Dael lui rigoler avec une grande partie de la garde et fit ses adieux avec Niniel, l'herboriste de la garde et son amie d'enfance, qui lui avait préparé quelques onguents de sa conception. Elle ne se priva pas non plus de le mettre en garde contre les nombreux dangers des montagnes, surtout l’hiver.
Gwindor profita aussi de son temps d’adieux pour échanger des conseils avec Niniel. En son absence, elle devenait la seule guérisseuse du groupe, même si elle n'avait qu'une formation d'herboriste. Toutefois, il ne s’inquiétait pas, la grande mémoire de la femme possédait suffisamment de savoir et elle restait doué de ses mains. Il examina tout de même une dernière fois Auriane et ne se priva pas de donner des derniers conseils de médecin à tous ceux qui venaient lui dire au revoir.
Narmacile, chevalière et membre de la garde, quant à elle discuter très sérieusement avec un groupe de chevalier.
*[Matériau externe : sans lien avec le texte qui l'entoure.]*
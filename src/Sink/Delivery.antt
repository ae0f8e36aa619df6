-- ===== src/Sink/Delivery.antt =====
-- `poll_ready` of the output sink over the broadcast channel of a `BufferSink`.
use mathlib.Core.List.{Mem}
use streamsync.Base.{
  ℕ, ◌≤◌, ◌<◌, ◌≡◌, refl, ap, arith, true, false, some, List, [], ◌∷◌, ◌++◌, map, leb,
}
use streamsync.Sink.{OutputSink, done, buffer_sink, poll_write, pass_on}
use streamsync.Sink.Heap.{BinaryHeap}
use streamsync.Sink.Queue
use streamsync.Sink.Queue.{SegmentQueue, Segment, Clock, Poll, ready, pending, cmp}

-- The segments are in the order of `rank`, and before all of `rest`.
abbrev pub IsSorted : (Segment → ℕ) → List Segment → List Segment → Type 0
IsSorted rank [] rest = Unit {0}
IsSorted rank (s ∷ l) rest =
    ((t : Segment) → Mem t (l ++ rest) → rank s ≤ rank t) × IsSorted rank l rest

abbrev pub payloads : List Segment → List (List ℕ)
payloads l = map (λ s. s.payload) l

-- An output sink that sends into the channel of a `BufferSink`.
abbrev pub Relay : Type 0 → Type 0
Relay H = OutputSink H (List (List ℕ))

module _ {H : Type 0} (b : BinaryHeap Segment H) where
  take_due :
      (clock : Clock) (q : SegmentQueue H) (t : Segment) (h : H)
      → b.peek q.queue ≡ some t
      → b.pop q.queue ≡ some (t, h)
      → t.delivery_time ≤ clock.now
      → Queue.take b clock q ≡ (ready (some t), Queue.without b t h q)
  unfolding Queue.take Queue.pop
  take_due clock q t h front found due =
      let is_due : leb t.delivery_time clock.now ≡ true = ground arith in
      rw (front, Queue.take) (rw is_due (rw (found, Queue.popped) refl))

  take_early :
      (clock : Clock) (q : SegmentQueue H) (t : Segment)
      → b.peek q.queue ≡ some t
      → clock.now < t.delivery_time
      → clock.elapsed t.delivery_time ≡ false
      → Queue.take b clock q ≡ (pending, q)
  unfolding Queue.take
  take_early clock q t front early running =
      let not_due : leb t.delivery_time clock.now ≡ false = ground arith in
      rw (front, Queue.take) (rw not_due (rw running refl))

  -- The front segment is sent when it is due.
  pub write_due :
      (clock : Clock) (s : Relay H) (t : Segment) (h : H)
      → b.peek s.queue.queue ≡ some t
      → b.pop s.queue.queue ≡ some (t, h)
      → t.delivery_time ≤ clock.now
      → poll_write b buffer_sink clock s ≡ (
        ready done,
        record s { queue = Queue.without b t h s.queue; sink = s.sink ++ (t.payload ∷ []) },
      )
  unfolding poll_write buffer_sink
  write_due clock s t h front found due =
      ap (λ r. pass_on b buffer_sink r s) (take_due clock s.queue t h front found due)

  pub write_early :
      (clock : Clock) (s : Relay H) (t : Segment)
      → b.peek s.queue.queue ≡ some t
      → clock.now < t.delivery_time
      → clock.elapsed t.delivery_time ≡ false
      → poll_write b buffer_sink clock s ≡ (pending, s)
  unfolding poll_write buffer_sink
  write_early clock s t front early running =
      ap (λ r. pass_on b buffer_sink r s) (take_early clock s.queue t front early running)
Pour eux, elle était une garantie de plus que l’héritier serait en sécurité.
Quand Élentir eut fini ses propres adieux, elle donna le signal du départ. Une fois en formation, la petite troupe s’éloigna du campement. Elle partit le cœur lourd, n'ayant pas parlé à Égilon depuis la fête. Elle se sentait encore mal de le quitter sans savoir si elle allait le revoir et sans avoir pu se réconcilier. Ce qu'elle ne savait pas, c'était que son ami l'avait observé de loin son départ, priant les consciences qu'ils puissent se revoir.